### Supplied entries
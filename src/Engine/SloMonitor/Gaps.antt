-- ===== src/Engine/SloMonitor/Gaps.antt =====
-- `compute_missing_bar_rate`: the bars that are missing between those that arrived.
use systematic_trading_valid.Common.{
  Bool, List, [], count_if, false, if◌then◌else◌, leb, length, ltb, max, nat_eq, not, pair_eq, true,
  ℕ, ◌&&◌, ◌*◌, ◌+◌, ◌-◌, ◌/◌, ◌==◌, ◌||◌, ◌∷◌,
}
use systematic_trading_valid.Common.Text.{text_eq}
use systematic_trading_valid.Core.MarketCalendar.{
  Calendar, Zone, expected_bars_for_session, is_early_close, is_within_rth,
}
use systematic_trading_valid.Engine.SloMonitor.{Rate, hour, minute, take_last}

abbrev insert_time : ℕ → List ℕ → List ℕ
insert_time t [] = t ∷ []
insert_time t (x ∷ xs) = if leb t x then t ∷ x ∷ xs else x ∷ insert_time t xs

-- `sorted`
abbrev sort_times : List ℕ → List ℕ
sort_times [] = []
sort_times (t ∷ ts) = insert_time t (sort_times ts)

-- The whole bars missing in a gap of more than 1.75 intervals
unfoldable pub missing_between : ℕ → ℕ → ℕ → ℕ
missing_between interval prev curr =
    if ltb (7 * interval) (4 * (curr - prev)) then (curr - prev) / interval - 1 else 0

abbrev utc_day : ℕ → ℕ
utc_day t = t / (24 * hour)

-- `_both_in_same_rth_span`
unfoldable pub both_in_same_rth_span : Zone → Calendar → ℕ → ℕ → Bool
both_in_same_rth_span z c left right =
    if not (utc_day left == utc_day right)
    then false
    else is_within_rth z c left && is_within_rth z c right

-- The loop over `zip(ordered, ordered[1:])`, with the test that a pair counts
abbrev sum_gaps : (ℕ → ℕ → Bool) → ℕ → List ℕ → ℕ
sum_gaps counts interval [] = 0
sum_gaps counts interval (t ∷ []) = 0
sum_gaps counts interval (t ∷ u ∷ ts) =
    let rest = sum_gaps counts interval (u ∷ ts) in
    (if counts t u then missing_between interval t u else 0) + rest

abbrev last_of : ℕ → List ℕ → ℕ
last_of t [] = t
last_of t (u ∷ us) = last_of u us

-- The bars that an early close still lacks
unfoldable pub early_close_shortfall : Zone → Calendar → ℕ → List ℕ → ℕ → ℕ
early_close_shortfall z c bar_minutes ordered gaps =
    let session_date = (z.to_et (last_of 0 ordered)).day in
    let expected = expected_bars_for_session c session_date bar_minutes in
    let observed =
      count_if (λ t. ((z.to_et t).day == session_date) && is_within_rth z c t) ordered in
    if ltb 0 expected && is_early_close c session_date then max gaps (expected - observed) else gaps

unfoldable pub gaps_of : Zone → Calendar → ℕ → List ℕ → Bool → ℕ
gaps_of z c bar_minutes ordered is_crypto =
    let interval = bar_minutes * minute in
    if is_crypto
    then sum_gaps (λ t u. true) interval ordered
    else early_close_shortfall z c bar_minutes ordered
        (sum_gaps (both_in_same_rth_span z c) interval ordered)

unfoldable pub compute_missing_bar_rate : Zone → Calendar → List ℕ → ℕ → ℕ → Bool → Rate
compute_missing_bar_rate z c timestamps bar_minutes lookback_bars is_crypto =
    let ordered = take_last lookback_bars (sort_times timestamps) in
    let gaps = gaps_of z c bar_minutes ordered is_crypto in
    if leb bar_minutes 0 || ltb (length ordered) 2
    then record { num = 0; den = 1 }
    else record { num = gaps; den = max (length ordered + gaps) 1 }
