-- ===== src/Engine/SloMonitor/Integrity.antt =====
-- `evaluate_data_integrity`, and the health of the research pipeline, which it only reports.
use systematic_trading_valid.Common.{
  Bool, List, Option, [], false, if◌then◌else◌, leb, ltb, max, min, nat_eq, none, not, pair_eq,
  some, suc, take, true, zero, ℕ, ◌&&◌, ◌*◌, ◌++◌, ◌-◌, ◌==◌, ◌∷◌,
}
use systematic_trading_valid.Common.Text.{Text, text, text_eq}
use systematic_trading_valid.Core.MarketCalendar.{
  Calendar, Zone, effective_reference_time, is_within_rth, session_bounds,
}
use systematic_trading_valid.Engine.Degradation.{
  Severity, hard_breach, mode_eq, ok_verdict, soft_breach, warning,
}
use systematic_trading_valid.Engine.SloMonitor.{
  Monitor, Rate, above_percent, below_percent, hour, is_market_dormant, minute, nbbo_success_rate,
  note_nbbo_fetch, second,
}
use systematic_trading_valid.Engine.SloMonitor.Gaps.{compute_missing_bar_rate}
use systematic_trading_valid.Engine.BarFreshness.{bar_staleness, stale_after, timeframe_minutes}

-- The loop of `query_rl_backfill_lag_hours`, over the origins of the rows without a reward
abbrev pub backfill_lag_from : ℕ → ℕ → ℕ → List ℕ → ℕ
backfill_lag_from min_age reference max_lag [] = max_lag
backfill_lag_from min_age reference max_lag (t ∷ ts) =
    let age = reference - t in
    backfill_lag_from min_age reference
      (if ltb age min_age then max_lag else max max_lag (age - min_age)) ts

-- `query_rl_backfill_lag_hours`, in microseconds, where `none` is a `sqlite3.Error`
unfoldable pub query_rl_backfill_lag : ℕ → Option (List ℕ) → ℕ → ℕ
query_rl_backfill_lag min_age none reference = 0
query_rl_backfill_lag min_age (some rows) reference =
    backfill_lag_from min_age reference 0 (take 200 rows)

-- The payload: what a leg's feed reports, with the rows of the shadow ledger
pub record Payload : Type 0 where
  pub exchange_reference : ℕ
  pub is_crypto : Bool
  pub symbol : Text
  pub timeframe : Text
  pub bar_minutes : Option ℕ
  pub latest_bar : ℕ
  pub bar_timestamps : List ℕ
  pub lookback_bars : Option ℕ
  pub nbbo_fetch_success : Option Bool
  pub nbbo_rate : Option Rate
  pub rl_backfill_lag : Option ℕ
  pub shadow_rows : Option (List ℕ)
  pub ingest_circuit_breaker_tripped : Bool
  pub sequence_misalignment_events : ℕ
  pub ingest_arrival_lag : ℕ

-- `x or y`, where zero is false
abbrev pub or_else : Option ℕ → ℕ → ℕ
or_else none y = y
or_else (some zero) y = y
or_else (some (suc x)) y = suc x

abbrev pub rate_or_else : Option Rate → Rate → Rate
rate_or_else none y = y
rate_or_else (some r) y = if r.num == 0 then y else r

pub data Reason : Type 0 where
  dormant_market_closed : Reason
  bar_freshness_drift bar_freshness_critical : Reason
  missing_bar_rate_elevated missing_bar_rate_critical : Reason
  nbbo_fetch_degraded nbbo_fetch_critical : Reason
  circuit_breaker_tripped : Reason
  sequence_misalignment sequence_misalignment_critical : Reason
  arrival_lag arrival_lag_critical : Reason

-- `DataIntegrityVerdict`
pub record DataVerdict : Type 0 where
  pub passed : Bool
  pub severity : Severity
  pub bar_freshness : ℕ
  pub missing_bar_rate : Rate
  pub nbbo_success : Rate
  pub rl_lag : ℕ
  pub calendar_session_minutes : ℕ
  pub is_early_close_session : Bool
  pub reasons : List Reason

abbrev pub severity_rank : Severity → ℕ
severity_rank ok_verdict = 0
severity_rank warning = 1
severity_rank soft_breach = 2
severity_rank hard_breach = 3

abbrev pub max_severity : Severity → Severity → Severity
max_severity current candidate =
    if leb (severity_rank candidate) (severity_rank current) then current else candidate

-- `_calendar_adjusted_freshness_limit`
unfoldable pub calendar_adjusted_freshness_limit : Zone → Calendar → ℕ → ℕ → ℕ → Bool → ℕ
unfolding session_bounds
calendar_adjusted_freshness_limit z c freshness bar_minutes reference is_crypto =
    let bounds = session_bounds c (z.to_et reference).day in
    if is_crypto
    then freshness
    else if is_within_rth z c reference
    then freshness
    else if bounds.early_close && not bounds.trading_day
    then freshness
    else min freshness (bar_minutes * minute)

-- The severity and the reasons so far
pub record Findings : Type 0 where
  pub severity : Severity
  pub reasons : List Reason

unfoldable pub raise_soft : Bool → Reason → Findings → Findings
raise_soft b r f =
    if b
    then record { severity = max_severity f.severity soft_breach; reasons = f.reasons ++ (r ∷ []) }
    else f

unfoldable pub raise_hard : Bool → Reason → Findings → Findings
raise_hard b r f =
    if b then record { severity = hard_breach; reasons = f.reasons ++ (r ∷ []) } else f

-- `if b: …HARD… elif c: …SOFT…`
unfoldable pub raise_first : Bool → Reason → Bool → Reason → Findings → Findings
unfolding raise_soft raise_hard
raise_first b r c q f = if b then raise_hard true r f else raise_soft c q f

-- What the tests read
pub record Measures : Type 0 where
  pub bar_period : ℕ
  pub freshness : ℕ
  pub missing_rate : Rate
  pub success_rate : Rate
  pub circuit_tripped : Bool
  pub misalignments : ℕ
  pub lag : ℕ
  pub lag_period : ℕ

abbrev pub judge_freshness : Measures → Findings → Findings
judge_freshness x f =
    raise_hard (ltb (stale_after x.bar_period (600 * second)) x.freshness) bar_freshness_critical
      (raise_soft (ltb (stale_after x.bar_period (150 * second)) x.freshness) bar_freshness_drift f)

abbrev pub judge_missing : Measures → Findings → Findings
judge_missing x f =
    raise_hard (above_percent x.missing_rate 18) missing_bar_rate_critical
      (raise_soft (above_percent x.missing_rate 6) missing_bar_rate_elevated f)

abbrev pub judge_nbbo : Measures → Findings → Findings
judge_nbbo x f =
    raise_hard (below_percent x.success_rate 55) nbbo_fetch_critical
      (raise_soft (below_percent x.success_rate 85) nbbo_fetch_degraded f)

abbrev pub judge_sequence : Measures → Findings → Findings
judge_sequence x f =
    raise_first (leb 5 x.misalignments) sequence_misalignment_critical (leb 1 x.misalignments)
      sequence_misalignment f

-- The lag as a fraction of the bar period: 30 / 900 and 15 / 900
abbrev pub judge_arrival : Measures → Findings → Findings
judge_arrival x f =
    raise_first (ltb 0 x.lag_period && ltb (30 * x.lag_period) (900 * x.lag)) arrival_lag_critical
      (ltb 0 x.lag_period && ltb (15 * x.lag_period) (900 * x.lag)) arrival_lag f

unfoldable pub judge : Measures → Findings
judge x = judge_arrival x (
    judge_sequence x (
      raise_soft x.circuit_tripped circuit_breaker_tripped (
        judge_nbbo x
          (judge_missing x (judge_freshness x (record { severity = ok_verdict; reasons = [] }))))))

abbrev pub passes : Severity → Bool
passes ok_verdict = true
passes warning = true
passes soft_breach = false
passes hard_breach = false

abbrev pub dormant_verdict : DataVerdict
dormant_verdict = record {
  passed = true;
  severity = ok_verdict;
  bar_freshness = 0;
  missing_bar_rate = record { num = 0; den = 1 };
  nbbo_success = record { num = 1; den = 1 };
  rl_lag = 0;
  calendar_session_minutes = 0;
  is_early_close_session = false;
  reasons = dormant_market_closed ∷ [];
}

-- The fetch that the payload reports, if it reports one
abbrev pub note_reported : Option Bool → Monitor → Text → Bool → ℕ → Monitor
note_reported none m symbol is_crypto reference = m
note_reported (some success) m symbol is_crypto reference =
    note_nbbo_fetch m success symbol is_crypto reference

abbrev pub note_payload : Monitor → Payload → Monitor
note_payload m p = note_reported p.nbbo_fetch_success m p.symbol p.is_crypto p.exchange_reference

abbrev pub bar_minutes_of : Payload → ℕ
bar_minutes_of p = or_else p.bar_minutes (timeframe_minutes p.timeframe)

unfoldable pub measure : Monitor → Payload → Measures
measure m p =
    let bar_minutes = bar_minutes_of p in
    let reference = effective_reference_time m.zone m.calendar p.exchange_reference p.is_crypto in
    record {
      bar_period = bar_minutes * minute;
      freshness =
          calendar_adjusted_freshness_limit m.zone m.calendar
            (bar_staleness p.latest_bar (bar_minutes * minute) reference) bar_minutes
            p.exchange_reference p.is_crypto;
      missing_rate =
          compute_missing_bar_rate m.zone m.calendar p.bar_timestamps bar_minutes
            (or_else p.lookback_bars 48) p.is_crypto;
      success_rate = rate_or_else p.nbbo_rate (nbbo_success_rate (note_payload m p) p.symbol);
      circuit_tripped = p.ingest_circuit_breaker_tripped;
      misalignments = p.sequence_misalignment_events;
      lag = p.ingest_arrival_lag;
      lag_period = timeframe_minutes p.timeframe * minute;
    }

abbrev pub rl_lag_of : ℕ → Option ℕ → Option (List ℕ) → ℕ → ℕ
rl_lag_of min_age none rows reference = query_rl_backfill_lag min_age rows reference
rl_lag_of min_age (some l) rows reference = l

unfoldable pub evaluate_data_integrity : Monitor → Payload → Monitor × DataVerdict
unfolding session_bounds
evaluate_data_integrity m p =
    let x = measure m p in
    let f = judge x in
    let bounds = session_bounds m.calendar (m.zone.to_et p.exchange_reference).day in
    if is_market_dormant m p.is_crypto p.exchange_reference then (m, dormant_verdict) else (
      note_payload m p,
      record {
        passed = passes f.severity;
        severity = f.severity;
        bar_freshness = x.freshness;
        missing_bar_rate = x.missing_rate;
        nbbo_success = x.success_rate;
        rl_lag =
            rl_lag_of m.rl_backfill_min_age p.rl_backfill_lag p.shadow_rows p.exchange_reference;
        calendar_session_minutes = bounds.session_minutes;
        is_early_close_session = bounds.early_close;
        reasons = f.reasons;
      },
    )

pub record ResearchHealth : Type 0 where
  pub healthy : Bool
  pub alert : Bool
  pub lag : ℕ
  pub reason : Text

unfoldable pub evaluate_research_pipeline_health :
    Monitor → ℕ → Option ℕ → Option (List ℕ) → ResearchHealth
evaluate_research_pipeline_health m reference given rows =
    let lag = rl_lag_of m.rl_backfill_min_age given rows reference in
    record {
      healthy = leb lag (8 * hour);
      alert = ltb (30 * hour) lag;
      lag = lag;
      reason = if leb lag (8 * hour) then [] else text "rl_backfill_lag";
    }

### Try it
Working from the records above, write out verbatim only the lines from the line containing "abbrev pub rl_lag_of" through the line containing "missing_bar_rate = x.missing_rate;".

### Result for this task
abbrev pub rl_lag_of : ℕ → Option ℕ → Option (List ℕ) → ℕ → ℕ
rl_lag_of min_age none rows reference = query_rl_backfill_lag min_age rows reference
rl_lag_of min_age (some l) rows reference = l

unfoldable pub evaluate_data_integrity : Monitor → Payload → Monitor × DataVerdict
unfolding session_bounds
evaluate_data_integrity m p =
    let x = measure m p in
    let f = judge x in
    let bounds = session_bounds m.calendar (m.zone.to_et p.exchange_reference).day in
    if is_market_dormant m p.is_crypto p.exchange_reference then (m, dormant_verdict) else (
      note_payload m p,
      record {
        passed = passes f.severity;
        severity = f.severity;
        bar_freshness = x.freshness;
        missing_bar_rate = x.missing_rate;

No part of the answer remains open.